Customer Authentication
How customers authenticate to use the Client API
Customer Authentication
The Client API requires a JWT access token for every request. Customers obtain these tokens by authenticating through one of two methods: the DOM Package or OAuth/OIDC.
Both methods issue the same type of JWT access token, so the Client API endpoints work identically regardless of which method was used to authenticate.
Authentication Methods
DOM Package
The DOM Package (@tiquo/dom-package) is a JavaScript SDK that you install on your website. It handles customer authentication using an email OTP (one-time password) flow. The customer enters their email, receives a 6-digit code, and enters it to sign in. The SDK then issues JWT tokens that can be used with the Client API.
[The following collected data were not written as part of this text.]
-- ===== src/Engine/Agent.antt =====
-- engine/agent.go and engine/types.go: the parts of one Agent run, around the loop of Agent/Loop.
pub mod Compaction
pub mod Calls
pub mod Loop
pub mod Run
pub mod Progress
pub mod Rounds
pub mod Messages
pub mod Answer
use tracklogic_agent.Common.{
  ℕ, ◌+◌, Bool, true, false, ◌&&◌, ◌||◌, not, Text, codes, text_eq, trim_space, to_lower, is_empty,
  List, [], ◌∷◌, ◌++◌, length, Option, none, some, is_some, if◌then◌else◌, ltb, leb, ℤ, pos, ltb_ℤ,
  leb_ℤ,
}
use tracklogic_agent.Types.{
  Role, system, user, assistant, tool, Message, ToolCall, GoError, new_error, wrap_error,
  invalid_config, run_cancelled, model_timeout, event_delivery, summary_failed, api_error, plain,
  is_harness, is_canceled, is_deadline, Result, ok, err,
}
use tracklogic_agent.Model.{InvokeRequest, InvokeResponse}
use tracklogic_agent.Memory
use tracklogic_agent.Memory.{Memory, buffer, summary, snapshot}
use tracklogic_agent.Memory.Summary
use tracklogic_agent.Task.Protocol.{
  AgentCheckpoint, Checkpoint, agent, running, event, empty_payload, best_effort, progress_updated,
}
use tracklogic_agent.Engine.Runtime.{Runtime, Codec}
use tracklogic_agent.Engine.Policy.{invoke_with_policy}

pub record RunOutput : Type 0 where
  pub content : Text
  pub tool_calls : List ToolCall
  pub messages : List Message
  pub error : Option GoError  -- `none` for Success
  pub total_tokens : ℕ
  pub loop_count : ℕ

pub record RunConfig : Type 0 where
  pub max_loops : ℤ
  pub streams : Bool  -- streamFunc is set
  pub temperature : ℤ  -- in millionths
  pub max_tokens : ℤ
  pub has_model : Bool

pub record Agent : Type 0 where
  pub name : Text
  pub run_id : Text
  pub system_prompt : Text
  pub tools : List Text  -- the names of the definitions of the tools in scope
  pub task_mode : Bool

-- The variables of the run.
pub record RunState (W : Type 0) : Type 0 where
  pub memory : Memory
  pub tool_calls : List ToolCall
  pub last_content : Text
  pub total_tokens : ℕ
  pub loop_count : ℕ
  pub world : W

-- A piece of the run returns from it, or goes on.
pub data Flow (W : Type 0) : Type 0 where
  returned : RunOutput → W → Memory → Flow W
  going : RunState W → Flow W

infixl 5 ◌>>=◌
abbrev pub ◌>>=◌ : {W : Type 0} → Flow W → (RunState W → Flow W) → Flow W
returned out w m >>= f = returned out w m
going s >>= f = f s

unfoldable pub remember : {W : Type 0} → Message → RunState W → RunState W
remember msg s = record s { memory = Memory.add msg s.memory }

unfoldable pub validate_run_config : RunConfig → Option GoError
validate_run_config c =
    if not c.has_model
    then some (new_error invalid_config (codes "agent model is required"))
    else if leb_ℤ c.max_loops (pos 0)
    then some (new_error invalid_config (codes "max loops must be greater than zero"))
    else if leb_ℤ c.max_tokens (pos 0)
    then some (new_error invalid_config (codes "max tokens must be greater than zero"))
    else if ltb_ℤ c.temperature (pos 0) || ltb_ℤ (pos 2000000) c.temperature
    then some (new_error invalid_config (codes "temperature must be between 0 and 2"))
    else none

unfoldable pub normalize_model_error : GoError → GoError
normalize_model_error e =
    if is_harness e
    then e
    else if is_canceled e
    then wrap_error run_cancelled (codes "model request cancelled") e
    else if is_deadline e
    then wrap_error model_timeout (codes "model request timed out") e
    else e

unfoldable pub response_needs_continuation : InvokeResponse → Bool
response_needs_continuation r =
    let reason = to_lower (trim_space r.finish_reason) in
    if ltb 0 (length r.tool_calls)
    then false
    else if text_eq reason (codes "max_tokens")
        || text_eq reason (codes "max_output_tokens")
        || text_eq reason (codes "length")
    then true
    else is_empty (trim_space r.content)
      && (not (is_empty (trim_space r.reasoning)) || ltb 0 (length r.reasoning_state))

abbrev pub continuation_instruction : Bool → Text
continuation_instruction true =
    codes
      "Continue exactly where the previous response stopped without repeating it, then complete the task with the final user-visible answer."
continuation_instruction false =
    codes
      "Continue from the preserved reasoning state and complete the task now with a final user-visible answer."

abbrev pub plain_message : Role → Text → ℕ → Message
plain_message role content now = record {
  role = role;
  content = content;
  reasoning = [];
  reasoning_state = [];
  tool_call_id = [];
  tool_calls = [];
  name = [];
  created_at = now;
}

abbrev pub assistant_message : InvokeResponse → List ToolCall → ℕ → Message
assistant_message r calls now = record {
  role = assistant;
  content = r.content;
  reasoning = r.reasoning;
  reasoning_state = r.reasoning_state;
  tool_call_id = [];
  tool_calls = calls;
  name = [];
  created_at = now;
}

abbrev pub tool_message : ToolCall → Text → ℕ → Message
tool_message call content now = record (plain_message tool content now) {
  tool_call_id = call.id;
  name = call.function.name;
}

abbrev pub is_system : Role → Bool
is_system system = true
is_system _ = false

unfoldable pub has_system : List Message → Bool
has_system [] = false
has_system (m ∷ ms) = is_system m.role || has_system ms

abbrev pub summary_of : Memory → Text
summary_of (buffer m) = []
summary_of (summary m) = m.summary

-- Agent.buildMessages
unfoldable pub build_messages : Text → ℕ → Memory → List Message
unfolding has_system
build_messages prompt now m =
    let msgs =
      if is_empty (summary_of m)
      then snapshot m
      else plain_message system (codes "Conversation summary:\n" ++ summary_of m) now
        ∷ snapshot m in
    if not (is_empty prompt) && not (has_system msgs)
    then plain_message system prompt now ∷ msgs
    else msgs

-- failedRun, and the same record written out in the loop.
unfoldable pub failed_run : {W : Type 0} → GoError → RunState W → Flow W
failed_run e s =
    returned
      (record {
        content = [];
        tool_calls = s.tool_calls;
        messages = snapshot s.memory;
        error = some e;
        total_tokens = s.total_tokens;
        loop_count = s.loop_count;
      })
      s.world s.memory

module _ {W : Type 0} (a : Agent) (cfg : RunConfig) where
  -- agentCheckpoint
  unfoldable pub agent_checkpoint : Option ToolCall → RunState W → Checkpoint
  agent_checkpoint pending s = record {
    version = 0;
    task_id = [];
    turn_id = [];
    kind = agent;
    target = a.name;
    status = running;
    last_sequence = 0;
    agent = some (record {
      agent_id = a.name;
      run_id = a.run_id;
      messages = snapshot s.memory;
      tool_calls = s.tool_calls;
      pending_tool_call = pending;
      last_content = s.last_content;
      total_tokens = s.total_tokens;
      loop_count = s.loop_count;
      max_loops = cfg.max_loops;
      temperature = cfg.temperature;
      max_tokens = cfg.max_tokens;
      summary = summary_of s.memory;
    });
    team = none;
    workflow = none;
    interaction = none;
  }

  module _ (rt : Runtime W) where
    unfoldable pub checkpoint_result : Text → RunState W → Option GoError × W → Flow W
    unfolding failed_run
    checkpoint_result message s (none, w) = going (record s { world = w })
    checkpoint_result message s (some e, w) =
        failed_run (wrap_error event_delivery message e) (record s { world = w })

    -- runtime.Checkpoint, which the run fails without.
    unfoldable pub save : Text → Option ToolCall → RunState W → Flow W
    unfolding checkpoint_result
    save message pending s =
        checkpoint_result message s (rt.checkpoint (agent_checkpoint pending s) s.world)

    -- A progress event with its phase, whose delivery is of no consequence.
    unfoldable pub progress : Text → Text → RunState W → RunState W
    progress phase tool_name s = record s {
      world =
          (rt.emit
            (record (event progress_updated best_effort
              (record empty_payload { phase = phase; tool_name = tool_name })) {
                run_id = a.run_id;
              })
            s.world).1;
    }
This is the simplest option for browser-based applications. There is no redirect flow, no OAuth configuration, and no server-side component required.
Best for: Websites, single-page applications, and any browser-based customer experience.
OAuth 2.0 / OIDC
The OAuth/OIDC integration lets you use Tiquo as a standard OAuth 2.0 Authorization Server and OpenID Connect Provider. This supports the full authorization code flow with PKCE, making it suitable for native mobile apps, server-side applications, and any integration that follows the OAuth standard.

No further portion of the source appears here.